*** Working data ***
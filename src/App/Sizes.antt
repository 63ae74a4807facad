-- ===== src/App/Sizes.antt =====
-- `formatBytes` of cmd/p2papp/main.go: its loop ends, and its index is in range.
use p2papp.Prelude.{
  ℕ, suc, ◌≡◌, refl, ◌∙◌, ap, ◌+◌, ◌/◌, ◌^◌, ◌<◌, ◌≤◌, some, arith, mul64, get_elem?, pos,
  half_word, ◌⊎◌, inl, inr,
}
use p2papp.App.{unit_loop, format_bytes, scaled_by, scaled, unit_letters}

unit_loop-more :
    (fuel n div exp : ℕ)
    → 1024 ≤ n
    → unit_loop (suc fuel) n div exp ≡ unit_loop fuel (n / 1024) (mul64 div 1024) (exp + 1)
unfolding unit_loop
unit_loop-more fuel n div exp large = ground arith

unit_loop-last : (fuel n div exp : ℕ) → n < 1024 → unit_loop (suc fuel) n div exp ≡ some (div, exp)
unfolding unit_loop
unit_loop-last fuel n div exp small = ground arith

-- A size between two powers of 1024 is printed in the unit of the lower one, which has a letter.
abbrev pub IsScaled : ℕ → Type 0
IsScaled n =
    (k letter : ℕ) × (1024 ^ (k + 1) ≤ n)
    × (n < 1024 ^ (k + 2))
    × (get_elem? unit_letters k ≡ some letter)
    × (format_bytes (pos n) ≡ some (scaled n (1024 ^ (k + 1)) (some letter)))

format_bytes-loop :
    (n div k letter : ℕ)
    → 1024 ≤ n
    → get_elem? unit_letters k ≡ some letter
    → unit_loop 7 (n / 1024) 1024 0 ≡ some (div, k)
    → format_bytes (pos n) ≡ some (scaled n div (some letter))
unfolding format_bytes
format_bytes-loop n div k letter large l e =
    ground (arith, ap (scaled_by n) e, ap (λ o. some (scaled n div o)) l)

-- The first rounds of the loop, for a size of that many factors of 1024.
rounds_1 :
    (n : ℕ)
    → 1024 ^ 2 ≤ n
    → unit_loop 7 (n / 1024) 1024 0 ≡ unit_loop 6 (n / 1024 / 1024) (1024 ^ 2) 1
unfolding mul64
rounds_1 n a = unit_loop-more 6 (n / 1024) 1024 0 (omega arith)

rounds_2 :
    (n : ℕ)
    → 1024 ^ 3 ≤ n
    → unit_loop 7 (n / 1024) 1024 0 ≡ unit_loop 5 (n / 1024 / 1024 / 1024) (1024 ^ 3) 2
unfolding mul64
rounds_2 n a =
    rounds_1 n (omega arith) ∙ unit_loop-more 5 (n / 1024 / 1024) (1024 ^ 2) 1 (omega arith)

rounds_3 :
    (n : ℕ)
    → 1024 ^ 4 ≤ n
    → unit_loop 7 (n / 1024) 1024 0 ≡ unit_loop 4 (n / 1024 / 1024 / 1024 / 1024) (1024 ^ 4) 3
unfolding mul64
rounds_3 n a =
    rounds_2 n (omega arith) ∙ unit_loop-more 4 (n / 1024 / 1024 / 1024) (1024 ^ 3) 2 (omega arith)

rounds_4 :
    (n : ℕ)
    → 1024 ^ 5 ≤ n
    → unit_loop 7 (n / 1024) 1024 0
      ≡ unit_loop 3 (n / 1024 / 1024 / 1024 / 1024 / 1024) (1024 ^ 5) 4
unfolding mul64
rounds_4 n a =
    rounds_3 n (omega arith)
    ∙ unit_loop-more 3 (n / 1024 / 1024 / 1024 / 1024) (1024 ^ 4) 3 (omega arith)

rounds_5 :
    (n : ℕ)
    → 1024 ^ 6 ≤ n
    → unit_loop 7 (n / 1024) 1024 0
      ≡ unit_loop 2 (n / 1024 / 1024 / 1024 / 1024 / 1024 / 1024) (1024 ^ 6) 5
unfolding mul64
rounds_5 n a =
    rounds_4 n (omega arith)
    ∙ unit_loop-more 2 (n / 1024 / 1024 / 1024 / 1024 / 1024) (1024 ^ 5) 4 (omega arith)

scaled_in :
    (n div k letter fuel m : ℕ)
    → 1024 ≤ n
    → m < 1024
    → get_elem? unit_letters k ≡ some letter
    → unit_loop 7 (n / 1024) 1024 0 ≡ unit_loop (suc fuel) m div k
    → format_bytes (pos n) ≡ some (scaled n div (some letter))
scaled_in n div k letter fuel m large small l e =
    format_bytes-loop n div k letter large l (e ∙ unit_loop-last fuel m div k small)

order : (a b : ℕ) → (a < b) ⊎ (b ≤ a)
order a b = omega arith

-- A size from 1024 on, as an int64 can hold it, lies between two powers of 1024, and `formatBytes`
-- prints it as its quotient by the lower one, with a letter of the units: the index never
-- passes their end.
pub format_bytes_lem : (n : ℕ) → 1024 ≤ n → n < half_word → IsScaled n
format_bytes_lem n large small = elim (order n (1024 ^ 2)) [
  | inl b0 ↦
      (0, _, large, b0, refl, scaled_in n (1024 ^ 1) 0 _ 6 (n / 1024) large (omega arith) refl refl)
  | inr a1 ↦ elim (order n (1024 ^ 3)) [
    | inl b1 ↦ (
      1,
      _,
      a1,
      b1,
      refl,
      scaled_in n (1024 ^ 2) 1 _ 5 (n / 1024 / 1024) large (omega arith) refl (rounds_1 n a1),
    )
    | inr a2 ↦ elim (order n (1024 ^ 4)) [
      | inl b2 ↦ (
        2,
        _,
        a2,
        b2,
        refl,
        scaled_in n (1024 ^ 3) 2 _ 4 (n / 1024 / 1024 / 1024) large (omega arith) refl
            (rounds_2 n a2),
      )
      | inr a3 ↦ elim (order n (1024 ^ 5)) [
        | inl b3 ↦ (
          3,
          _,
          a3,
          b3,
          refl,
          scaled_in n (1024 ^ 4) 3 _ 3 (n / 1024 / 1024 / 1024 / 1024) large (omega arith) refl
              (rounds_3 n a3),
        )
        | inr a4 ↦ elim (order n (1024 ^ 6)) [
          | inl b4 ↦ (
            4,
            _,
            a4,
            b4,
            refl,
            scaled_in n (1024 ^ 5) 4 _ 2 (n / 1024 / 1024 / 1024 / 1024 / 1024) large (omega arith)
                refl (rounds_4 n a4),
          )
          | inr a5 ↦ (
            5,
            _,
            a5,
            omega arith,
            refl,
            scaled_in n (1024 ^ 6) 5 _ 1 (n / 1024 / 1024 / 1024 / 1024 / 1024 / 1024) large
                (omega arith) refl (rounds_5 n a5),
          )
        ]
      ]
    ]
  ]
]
*** End of Working data ***
*** Working data ***
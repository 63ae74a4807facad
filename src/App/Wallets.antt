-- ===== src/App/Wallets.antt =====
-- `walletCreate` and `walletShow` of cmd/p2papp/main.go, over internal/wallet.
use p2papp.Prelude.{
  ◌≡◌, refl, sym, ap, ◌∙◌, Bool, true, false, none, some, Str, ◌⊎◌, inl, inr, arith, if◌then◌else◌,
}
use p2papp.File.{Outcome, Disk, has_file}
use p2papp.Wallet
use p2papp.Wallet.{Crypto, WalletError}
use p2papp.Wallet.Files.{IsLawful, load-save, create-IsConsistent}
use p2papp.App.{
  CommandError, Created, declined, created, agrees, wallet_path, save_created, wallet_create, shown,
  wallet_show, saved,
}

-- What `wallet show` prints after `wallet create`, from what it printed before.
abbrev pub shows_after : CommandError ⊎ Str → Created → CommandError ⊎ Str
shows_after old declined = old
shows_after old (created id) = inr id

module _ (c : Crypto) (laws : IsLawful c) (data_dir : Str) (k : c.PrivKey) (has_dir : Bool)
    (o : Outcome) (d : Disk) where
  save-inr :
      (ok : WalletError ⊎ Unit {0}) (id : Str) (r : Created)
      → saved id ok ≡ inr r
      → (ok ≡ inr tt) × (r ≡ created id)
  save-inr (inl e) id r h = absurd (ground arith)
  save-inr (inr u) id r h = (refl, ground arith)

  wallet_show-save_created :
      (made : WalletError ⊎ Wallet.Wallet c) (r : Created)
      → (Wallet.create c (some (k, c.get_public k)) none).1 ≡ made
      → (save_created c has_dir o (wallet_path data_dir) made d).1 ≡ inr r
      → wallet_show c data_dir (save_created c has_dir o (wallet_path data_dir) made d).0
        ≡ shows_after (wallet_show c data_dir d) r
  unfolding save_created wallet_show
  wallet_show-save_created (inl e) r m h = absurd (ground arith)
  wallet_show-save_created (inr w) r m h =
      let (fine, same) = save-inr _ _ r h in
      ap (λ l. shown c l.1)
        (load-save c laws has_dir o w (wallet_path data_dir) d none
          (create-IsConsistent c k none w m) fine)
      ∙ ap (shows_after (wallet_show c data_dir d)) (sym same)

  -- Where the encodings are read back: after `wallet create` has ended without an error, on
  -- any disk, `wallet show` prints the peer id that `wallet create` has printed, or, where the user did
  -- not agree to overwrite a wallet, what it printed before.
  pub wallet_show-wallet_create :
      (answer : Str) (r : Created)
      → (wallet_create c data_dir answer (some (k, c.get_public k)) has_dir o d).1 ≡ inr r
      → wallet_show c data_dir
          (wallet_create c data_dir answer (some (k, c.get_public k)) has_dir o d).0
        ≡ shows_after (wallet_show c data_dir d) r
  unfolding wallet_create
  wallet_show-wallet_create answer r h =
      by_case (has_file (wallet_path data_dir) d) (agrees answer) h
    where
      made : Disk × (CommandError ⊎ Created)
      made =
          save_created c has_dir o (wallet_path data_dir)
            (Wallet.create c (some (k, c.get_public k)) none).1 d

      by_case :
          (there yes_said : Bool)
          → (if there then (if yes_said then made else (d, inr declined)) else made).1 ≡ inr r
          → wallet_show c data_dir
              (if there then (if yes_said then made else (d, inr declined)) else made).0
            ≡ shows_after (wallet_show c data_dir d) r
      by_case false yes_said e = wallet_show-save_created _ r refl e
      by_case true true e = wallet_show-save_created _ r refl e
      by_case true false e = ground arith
*** End of Working data ***
**Problem statement**
Looking back over the data above, restate word for word the lines that begin at the line with "d)) (sym same)" and end at the line with "(answer : Str) (r : Created)", inclusive.

**Problem solution**
      ∙ ap (shows_after (wallet_show c data_dir d)) (sym same)

  -- Where the encodings are read back: after `wallet create` has ended without an error, on
  -- any disk, `wallet show` prints the peer id that `wallet create` has printed, or, where the user did
  -- not agree to overwrite a wallet, what it printed before.
  pub wallet_show-wallet_create :
      (answer : Str) (r : Created)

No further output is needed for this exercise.